You didn’t go see the Mighty Ducks. You went to see Paul Kariya.

He kept the building full when the novelty disappeared. He gave the Ducks points when games seemed pointless. He was the face of the franchise when no one was using that tiresome phrase, although he was really the legs.

Then came the Cup and the Twins and the Hall of Fame defensemen and the annual playoff trips. Kariya missed all of that.

He retired in 2011, on terms dictated by the elbows of others. He is neither gone nor forgotten, but the essential Duck is now invisible.

Oh, you can catch him at a beach now and then, surfing. The concussions that robbed Kariya of a proper goodbye do not keep him out of the water. Scott Niedermayer joins him sometimes, watches him prepare and practice as if he were facing the Red Wings again.

“He has his little warmup, he works hard out on the water,” Niedermayer said. “For someone who isn’t a lifelong surfer, I would find it hard to believe someone could be better. He loves it. It’s fun to see. He’s having a lot of fun."

“He reads the books about how to surf, he watches surfing videos,” Teemu Selanne said. “He wants to be as good as he can be. He’s out there every day. And he told me that once I’m done playing, we’ll play golf once a week.”

But Kariya will not ride a wave or a car or any other mode of transportation into Honda Center, and not because of any particular antipathy toward the Ducks, who have changed mightily since he left after the run to Game 7 of the 2003 Stanley Cup Final.

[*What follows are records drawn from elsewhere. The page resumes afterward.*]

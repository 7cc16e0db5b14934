-- ===== src/Tests/Views.antt =====
-- The pages, and the collector.
use mathlib.Core.List.Permᴰ
use vm_vitals.Base.{
  ℕ, ◌≡◌, ◌↔◌, ◌⊎◌, true, false, String, List, [], ◌∷◌, Option, none, some, Text, codes, Map, ok,
  err,
}
use vm_vitals.Auth.Session.{session_cookie, session_valid}
use vm_vitals.Auth.Login.{logout}
use vm_vitals.Auth.Pages.{Page, index, status}
use vm_vitals.Auth.Pages.Views.{views_agree, logout-session_valid}
use vm_vitals.Web.Gate.{require_api_auth}
use vm_vitals.Collect.Cpu.{CpuSample, Stats}
use vm_vitals.Collect.Docker.{Listed, Daemon, Container, collect_containers}
use vm_vitals.Collect.Docker.Readings.{Collects, collect_containers_cases}
use vm_vitals.Tests.Toy.{toy, with_cookie, token_of}
use vm_vitals.Tests.Accounts.{claimed}
use vm_vitals.Tests.Surface.{whole}

abbrev session_jar : String → Option Text
session_jar = with_cookie session_cookie (token_of 2)

views_agree_example :
    (((index toy 500 session_jar (some claimed)).1 ≡ Page.dashboard_html)
      ↔ ((status toy 500 session_jar (some claimed)).1.signed_in ≡ true))
    × (((require_api_auth toy 500
            (record { authorization = none; jar = session_jar })
            none
            (some claimed)).1
          ≡ ok tt)
        ↔ ((status toy 500 session_jar (some claimed)).1.signed_in ≡ true))
views_agree_example = views_agree toy 500 session_jar none claimed

logout-session_valid_example :
    (session_valid toy 500 session_jar (logout toy session_jar claimed).0).1 ≡ false
logout-session_valid_example = logout-session_valid toy 500 session_jar claimed

-- One container, "web", with the id "7".
abbrev pub web_listed : Listed
web_listed = record {
  id = some (codes "7");
  names = some (codes "/web" ∷ []);
  image = none;
  state = some (codes "running");
  status = none;
}

abbrev web_stats : Stats
web_stats = record {
  total_usage = 300;
  system_cpu_usage = some 150;
  online_cpus = some 2;
  percpu_usage = none;
  mem_usage = none;
  mem_limit = none;
}

abbrev daemon : Daemon
daemon = record {
  listed = ok (web_listed ∷ []);
  inspect_container = λ key. none;
  stats = λ key. some web_stats;
  in_time = true;
}

abbrev before : Map CpuSample
before = (codes "7", record { total = 100; system = 50 }) ∷ []

collect_containers_cases_example :
    ((next : Map CpuSample) × (out : List (Container ℕ)) × (collect_containers whole
          (λ rs. rs)
          daemon
          before
        ≡ (next, ok out))
      × Collects whole daemon before next out)
    ⊎ ((e : String) × (collect_containers whole (λ rs. rs) daemon before ≡ (before, err e)))
collect_containers_cases_example =
    collect_containers_cases whole (λ rs. rs) (λ rs. Permᴰ.refl rs) daemon before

“He’s generous with the kids, and I was there one day when he gave away 10 pairs of skates and some sticks,” Selanne said. “I need to talk to him, find some way to get him back with the Ducks’ family. Obviously he was the No. 1 star here. He has a lot to give to this organization.

“They should retire his number. Absolutely. But he says, no, don’t ever talk to him about that. He’s still a little humble about that, for sure.”

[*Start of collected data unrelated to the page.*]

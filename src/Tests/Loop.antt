-- ===== src/Tests/Loop.antt =====
-- The collector loop, with one container.
use vm_vitals.Base.{
  ℕ, ◌≡◌, refl, true, String, List, [], ◌∷◌, none, some, arith, Text, codes, strip_prefix, text_eq,
  Result, ok, err, get, insert, remove,
}
use mathlib.Core.Option
use vm_vitals.Base.Http.{Status}
use vm_vitals.Collect.Docker.{Daemon, collect_containers}
use vm_vitals.Collect.Snapshot.{Snapshot, published, collect_snapshot, with_limit}
use vm_vitals.Web.Health.{healthz, stale_after}
use vm_vitals.Store.Table.{try_write, write_points, end_write, metric_id, intern, id_of, put_sample}
use vm_vitals.Main.Points.{HostFigures, sample_points, container_points}
use vm_vitals.Main.Loop.{
  Transport, Tick, Loop, connect_docker, reconnect, ask_docker, take_snapshot, collect_and_write,
  tick, start,
}
use vm_vitals.Main.Loop.Recovery.{tick-recovers}
use vm_vitals.Tests.Surface.{whole}
use vm_vitals.Tests.Tables.{smooth, counts}
use vm_vitals.Tests.Store.{fresh_id, fresh_id-IsFresh, opened, opened-Reach, whole_run}
use vm_vitals.Tests.Toy.{toy}
use vm_vitals.Tests.Accounts.{claimed}
use vm_vitals.Main.Daemon.{Task, collects, compacts, sweeps, run_task, run_tasks, launch}
use vm_vitals.Main.Daemon.Quiet.{is_lost, run_tasks-Sound}
use vm_vitals.Store.Compact.Run.{try_compact, all_execute}
use vm_vitals.Store.Table.Sound.{Sound}
use vm_vitals.Main.Loop.{try_connect, write_log, docker_log}
use vm_vitals.Tests.Views.{web_listed}

-- A client is a number.
abbrev pub connects_to : ℕ → Transport → Text → Result ℕ String
connects_to d transport endpoint = ok d

abbrev pub no_daemon : Daemon
no_daemon = record {
  listed = err "no such file";
  inspect_container = λ key. none;
  stats = λ key. none;
  in_time = true;
}

abbrev pub one_web : Daemon
one_web = record {
  listed = ok (web_listed ∷ []);
  inspect_container = λ key. none;
  stats = λ key. none;
  in_time = true;
}

abbrev pub quiet : HostFigures ℕ
quiet = record { cpu_pct = 5; mem_used_pct = 40; disk_used_pct = 60; load1 = 1; swap_used_mb = 0 }

abbrev pub turn_of : Daemon → ℕ → Tick ℕ whole
turn_of daemon now = record {
  connect = connects_to 7;
  daemon = λ d. daemon;
  arrives = λ rs. rs;
  now = now;
  host = quiet;
  run = smooth;
}

abbrev pub socket : Text
socket = codes "/var/run/docker.sock"

tick-recovers_example :
    let after =
      tick whole fresh_id socket 15
        (turn_of one_web 45)
        (tick whole fresh_id socket 15 (turn_of no_daemon 30) (start whole opened)).0 in
    (healthz 60 60 (Option.map published after.0.snapshot)).0 ≡ Status.ok
unfolding connect_docker stale_after strip_prefix
tick-recovers_example =
    tick-recovers whole fresh_id socket 15 (turn_of no_daemon 30) (turn_of one_web 45)
      (start whole opened) 7 60 60 (record { reason = "no such file"; down = λ d. refl }) refl
      (record { list = web_listed ∷ []; lists = refl; in_time = refl }) (omega arith)

abbrev first_turn : Loop ℕ whole
first_turn = (tick whole fresh_id socket 15 (turn_of no_daemon 30) (start whole opened)).0

-- The snapshot of the first turn_of: no Docker.
abbrev pub bare : Snapshot (HostFigures ℕ) ℕ
bare = record {
  ts = 30;
  host = quiet;
  containers = [];
  docker_error = some (codes "no such file");
  stale_after_secs = 45;
}

-- A turn of each task.
abbrev tasks : List (Task ℕ toy whole)
tasks = compacts whole_run 15 ∷ sweeps 20 ∷ collects (turn_of no_daemon 30) ∷ []

run_tasks-Sound_example :
    Sound
      (run_tasks toy whole fresh_id counts socket 15 tasks
        (launch toy whole opened.tables (some claimed))).0.loop.history
unfolding run_tasks run_task launch tick reconnect try_connect connect_docker strip_prefix
    collect_and_write take_snapshot ask_docker collect_containers collect_snapshot with_limit
    stale_after start sample_points container_points try_write write_points end_write metric_id get
    intern id_of put_sample insert text_eq remove try_compact all_execute write_log docker_log
    is_lost
run_tasks-Sound_example =
    run_tasks-Sound toy whole fresh_id counts fresh_id-IsFresh socket 15 tasks true opened
      (some claimed) opened-Reach refl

Selanne senses Kariya is “bitter” about the way it all ended, about the fact that Kariya’s head became a piñata, and nobody seemed to care.

In 1997 he got his first concussion, from Montreal’s Mathieu Schneider. In 1998 he was pole-axed by Chicago’s Gary Suter and missed 28 games and the Nagano Olympics, where he would have been Canada’s best shootout weapon against Dominik Hasek.

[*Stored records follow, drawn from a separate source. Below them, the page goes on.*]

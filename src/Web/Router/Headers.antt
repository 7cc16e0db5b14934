-- ===== src/Web/Router/Headers.antt =====
-- web.rs, `security_headers`: the headers of every response.
use vm_vitals.Base.{
  ℕ, ◌≡◌, refl, ◌∙◌, inl, inr, true, false, List, [], ◌∷◌, Option, none, some, codes, arith, All,
  Bool-cases, Text, text_eq, text_eq_iff, Map, get, insert, or_option, get-insert,
}
use vm_vitals.Base.Http.{Status}
use vm_vitals.Auth.Crates.{Crates}
use vm_vitals.Auth.State.{AuthState}
use vm_vitals.Web.Gate.{Request}
use vm_vitals.Web.Router.{
  Route, Response, Handlers, hardening, insert_headers, security_headers, dispatch, router,
}

-- No two of the headers have one name.
abbrev NamesDiffer : List (Text × Text) → Type 0
NamesDiffer [] = Unit
NamesDiffer (h ∷ hs) = All (λ j. text_eq j.0 h.0 ≡ false) hs × NamesDiffer hs

get_absent :
    (name : Text) (hs : List (Text × Text))
    → All (λ h. text_eq h.0 name ≡ false) hs
    → get name hs ≡ none
unfolding get
get_absent name [] h = refl
get_absent name ((k, v) ∷ hs) h = rw h.0 (get_absent name hs h.1)

absent_eq :
    (k name : Text) (hs : List (Text × Text))
    → text_eq k name ≡ true
    → All (λ h. text_eq h.0 k ≡ false) hs
    → get name hs ≡ none
absent_eq k name hs e h =
    let same : k ≡ name = ground (arith, text_eq_iff k name) in rw (← same) (get_absent k hs h)

insert_headers-get :
    (name : Text) (hs : List (Text × Text)) (m : Map Text)
    → NamesDiffer hs
    → get name (insert_headers hs m) ≡ or_option (get name hs) (get name m)
unfolding insert_headers
insert_headers-get name [] m d = unfold get in refl
insert_headers-get name ((k, v) ∷ hs) m d =
    insert_headers-get name hs (insert k v m) d.1 ∙ elim (Bool-cases (text_eq k name)) [
      | inl e ↦ rw (absent_eq k name hs e d.0, get-insert k name v m, e) (unfold get in rw e)
      | inr e ↦ rw (get-insert k name v m, e) (unfold get in rw e)
    ]

hardening-NamesDiffer : NamesDiffer hardening
unfolding text_eq
hardening-NamesDiffer = (
  (refl, (refl, (refl, (refl, (refl, tt))))),
  (
    (refl, (refl, (refl, (refl, tt)))),
    ((refl, (refl, (refl, tt))), ((refl, (refl, tt)), ((refl, tt), (tt, tt)))),
  ),
)

-- What every response promises a browser: no content from other hosts, no guess at the type of a body,
-- no frame around a page, no address sent to other sites, and no copy in a cache, least of all one that
-- is shared between cookies.
abbrev pub IsHardened : Map Text → Type 0
IsHardened m =
    (get (codes "content-security-policy") m
      ≡ some (
          codes
            "default-src 'none'; script-src 'unsafe-inline'; style-src 'unsafe-inline'; img-src 'self' data:; connect-src 'self'; base-uri 'none'; form-action 'self'; frame-ancestors 'none'"))
    × (get (codes "x-content-type-options") m ≡ some (codes "nosniff"))
    × (get (codes "x-frame-options") m ≡ some (codes "DENY"))
    × (get (codes "referrer-policy") m ≡ some (codes "no-referrer"))
    × (get (codes "cache-control") m ≡ some (codes "no-store, private"))
    × (get (codes "vary") m ≡ some (codes "Cookie"))

-- A name of none of the six headers.
abbrev pub IsOther : Text → Type 0
IsOther name =
    All (λ k. text_eq k name ≡ false)
      (codes "content-security-policy"
        ∷ codes "x-content-type-options"
        ∷ codes "x-frame-options"
        ∷ codes "referrer-policy"
        ∷ codes "cache-control"
        ∷ codes "vary"
        ∷ [])

insert_headers-set :
    (name v : Text) (m : Map Text)
    → get name hardening ≡ some v
    → get name (insert_headers hardening m) ≡ some v
insert_headers-set name v m e =
    insert_headers-get name hardening m hardening-NamesDiffer ∙ rw e refl

insert_headers-IsHardened : (m : Map Text) → IsHardened (insert_headers hardening m)
unfolding get text_eq
insert_headers-IsHardened m = (
  insert_headers-set _ _ m refl,
  insert_headers-set _ _ m refl,
  insert_headers-set _ _ m refl,
  insert_headers-set _ _ m refl,
  insert_headers-set _ _ m refl,
  insert_headers-set _ _ m refl,
)

insert_headers-other :
    (name : Text) (m : Map Text) → IsOther name → get name (insert_headers hardening m) ≡ get name m
insert_headers-other name m other =
    insert_headers-get name hardening m hardening-NamesDiffer
    ∙ rw (get_absent name hardening other) refl

module _ (c : Crates) (of_status : Status → Response) (missing : Response) where
  -- Every response carries the six headers, with the policy that is written out, nosniff, DENY,
  -- no-referrer, no-store and Cookie for their values, whatever the request matched and whatever a
  -- handler, the gate or axum answered; any other header, and the status, are as it was answered.
  pub router-headers :
      (handlers : Handlers c) (now : ℕ) (req : Request c.Jar) (token : Option Text)
      (matched : Option Route) (auth : Option (AuthState c)) (name : Text)
      → IsOther name
      → let inner = (dispatch c of_status missing handlers now req token matched auth).1 in
        let sent = (router c of_status missing handlers now req token matched auth).1 in
        IsHardened sent.headers
        × (get name sent.headers ≡ get name inner.headers)
        × (sent.status ≡ inner.status)
  unfolding router security_headers
  router-headers handlers now req token matched auth name other =
      let inner = (dispatch c of_status missing handlers now req token matched auth).1 in
      (insert_headers-IsHardened inner.headers, insert_headers-other name inner.headers other, refl)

In 2003 he took a head shot from New Jersey’s Scott Stevens in Game 6 of the Final. Carried off, he skated back and produced the most electric moment in 20 years of Ducks hockey: a massive slapper that zinged past Martin Brodeur.

In 2009, playing for St. Louis, Kariya came out of the penalty box just in time to take an elbow to the head from Buffalo’s Patrick Kaleta.
Suter got a four-game suspension. Stevens and Kaleta were not suspended.

Doctors told Kariya his career was over in the summer of 2011, just as the Ducks, at Selanne’s urging, were trying to sign him.